Insulin-dependent and -independent regulation of glucidic and lipidic metabolism. In skeletal muscle, insulin and insulin-independent AMPK pathways regulate the translocation of GLUT4 vesicles to plasma membrane that results in stimulation of glucose uptake. In the liver, these pathways act in a concerted fashion to regulate glucose and lipid metabolism. AMPK activation leads to the inhibition of ACC activity thereby inhibiting fatty acid biosynthesis and increasing fatty acid oxidation. Moreover, the suppression of SREPB-1 by AMPK activation inhibits fatty acid synthesis through the downregulation of the lipogenic genes. On the other hand, insulin inhibits hepatic glucose production by suppressing genes encoding gluconeogenic enzymes including G6pase. Concomitantly, insulin enhances the storage of glucose as glycogen via the inhibition of GSK-3, thus relieving its inhibitory action on GS and leads to glycogen synthesis. Finally, insulin and AMPK pathways have opposing roles on adipose tissue metabolism.

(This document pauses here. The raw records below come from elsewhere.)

-- ===== src/Dsse/Canonical/Ascending.antt =====
-- crates/aep-core/src/dsse.rs: the order in which `canonical_json` writes the members of an object.
use Prim.Native.Nat.{Ordering}
use wasmagent_proxy.Base.{
  ◌≡◌, ◌≢◌, inl, inr, refl, sym, ◌∙◌, subst, List, [], ◌∷◌, ◌++◌, map, append-nil, codes, All,
  All-In, All-of,
}
use wasmagent_proxy.Json.{Map, end, field, string, object, compare_units, Crates}
use wasmagent_proxy.Json.Order.{Ordered}
use wasmagent_proxy.Json.Members.{Entry, entries, Before-All, compare_units_irrefl}
use wasmagent_proxy.Dsse.Canonical.{Pair, compare_utf16, join, canonical_json}
use wasmagent_proxy.Dsse.Canonical.Sorted.{NotAfter, Sorted, sort_pairs-Sorted}
use wasmagent_proxy.Dsse.Canonical.Entries.{
  insert_entry, sort_entries, sort_pairs-map, In-insert_entry, All-sort_entries, Ordering-cases,
}
use wasmagent_proxy.Dsse.Canonical.Texts.{can, object_text}
use wasmagent_proxy.Dsse.Canonical.Renders.{Listing, sorted-Listing}
use wasmagent_proxy.Dsse.Canonical.Utf16.{IsScalarValue, Utf16Before, compare_utf16-NotLater}

-- The keys have each other key at most once.
abbrev Distinct : List Entry → Type 0
Distinct [] = Unit
Distinct (e ∷ es) = All (λ f. e.0 ≢ f.0) es × Distinct es

-- Each key is before those that follow it, as UTF-16 orders them.
abbrev pub Ascending : List Entry → Type 0
Ascending [] = Unit
Ascending (e ∷ es) = All (λ f. Utf16Before e.0 f.0) es × Ascending es

All-insert_entry :
    (P : Entry → Type 0) (e : Entry) (es : List Entry) → P e → All P es → All P (insert_entry e es)
All-insert_entry P e es p ps = All-of P (insert_entry e es) (λ f m.
    elim ((In-insert_entry f e es).0 m) [
      | inl same ↦ subst P (sym same) p
      | inr there ↦ All-In P es f ps there
    ])

insert_entry-Distinct :
    (e : Entry) (es : List Entry)
    → All (λ f. e.0 ≢ f.0) es
    → Distinct es
    → Distinct (insert_entry e es)
unfolding insert_entry
insert_entry-Distinct e [] h d = (tt, tt)
insert_entry-Distinct e (f ∷ es) (h, hs) (a, d) = elim (Ordering-cases (compare_utf16 e.0 f.0)) [
  | inl before ↦ rw (before, insert_entry) ((h, hs), (a, d))
  | inr (inl same) ↦ rw (same, insert_entry) ((h, hs), (a, d))
  | inr (inr after) ↦
      rw (after, insert_entry)
        (All-insert_entry (λ g. f.0 ≢ g.0) e es (λ x. h (sym x)) a, insert_entry-Distinct e es hs d)
]

sort_entries-Distinct : (es : List Entry) → Distinct es → Distinct (sort_entries es)
unfolding sort_entries
sort_entries-Distinct [] d = tt
sort_entries-Distinct (e ∷ es) (a, d) =
    insert_entry-Distinct e (sort_entries es) (All-sort_entries (λ f. e.0 ≢ f.0) es a)
      (sort_entries-Distinct es d)

entries-Distinct : (m : Map) → Ordered m → Distinct (entries m)
entries-Distinct end o = tt
entries-Distinct (field k v m) (b, o) = (
  All-of _ (entries m) (λ f i e. compare_units_irrefl k (
      subst (λ j. compare_units k j ≡ Ordering.lt) (sym e)
        (All-In (λ f. compare_units k f.0 ≡ Ordering.lt) (entries m) f (Before-All k m b o) i))),
  entries-Distinct m o,
)

-- The key of an entry, for the sort of the keys alone.
abbrev keyed : Entry → Pair
keyed e = (e.0, [])

abbrev HasScalarKey : Entry → Type 0
HasScalarKey e = All IsScalarValue e.0

NotAfter-Utf16Before :
    (e : Entry) (es : List Entry)
    → HasScalarKey e
    → All HasScalarKey es
    → All (λ f. e.0 ≢ f.0) es
    → All (NotAfter (keyed e)) (map keyed es)
    → All (λ f. Utf16Before e.0 f.0) es
NotAfter-Utf16Before e [] v vs d n = tt
NotAfter-Utf16Before e (f ∷ es) v (w, vs) (d, ds) (n, ns) = (
  elim (compare_utf16-NotLater e.0 f.0 v w n) [ inl same ↦ absurd (d same) | inr before ↦ before ],
  NotAfter-Utf16Before e es v vs ds ns,
)

Sorted-Ascending :
    (es : List Entry) → All HasScalarKey es → Distinct es → Sorted (map keyed es) → Ascending es
Sorted-Ascending [] v d s = tt
Sorted-Ascending (e ∷ es) (v, vs) (a, d) (n, s) =
    (NotAfter-Utf16Before e es v vs a n, Sorted-Ascending es vs d s)

sort_entries-Ascending :
    (m : Map) → Ordered m → All HasScalarKey (entries m) → Ascending (sort_entries (entries m))
sort_entries-Ascending m o v =
    Sorted-Ascending (sort_entries (entries m)) (All-sort_entries HasScalarKey (entries m) v)
      (sort_entries-Distinct (entries m) (entries-Distinct m o))
      (subst Sorted (sort_pairs-map keyed (λ e. refl) (entries m))
        (sort_pairs-Sorted (map keyed (entries m))))

-- The canonical JSON of an object is its members between braces, with a comma between two, each of
-- them once, and each before those whose keys come later in the order of UTF-16: where two keys first
-- differ, the lesser scalar value, except that a value beyond the basic plane is before one that is in
-- it but above the surrogates. A member is its key, as serde_json prints it, a colon, and the
-- canonical JSON of its value, so that this holds at every depth. The keys are Unicode strings.
pub canonical_json-Ascending :
    (x : Crates) (m : Map)
    → Ordered m
    → All (λ e. All IsScalarValue e.0) (entries m)
    → (es : List Entry) × Listing es m
      × Ascending es
      × (canonical_json x (object m)
          ≡ codes "{"
            ++ (join (map (λ e. x.to_string (string e.0) ++ (codes ":" ++ canonical_json x e.1)) es)
                ++ codes "}"))
canonical_json-Ascending x m o v = (
  sort_entries (entries m),
  sorted-Listing x m,
  sort_entries-Ascending m o v,
  sym (append-nil (can x (object m))) ∙ object_text x m [],
)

While Insulin-mediated Akt (PKB) phosphorylation stimulates the differentiation of adipocytes and the accumulation of fat, activation of AMPK has an inhibitory effect. Adipocyte differentiation is mediated, at least in part, through the induction of C/EBP-β. The latter promotes adipogenesis by upregulating the adipogenic transcription factors C/EBPα and PPAR-γ gene expression. ACC, acetyl-CoA carboxylase; AMPK, AMP-activated protein kinase; C/EBP, CCAAT-enhancer-binding protein; G6pase, glucose-6-phosphatase; GS, glycogen synthase; GSK-3, glycogen synthase kinase-3; PKB, protein kinase B; PPARγ, peroxisome-proliferator-activated receptor gamma; SREPB-1, sterol regulatory element-binding protein.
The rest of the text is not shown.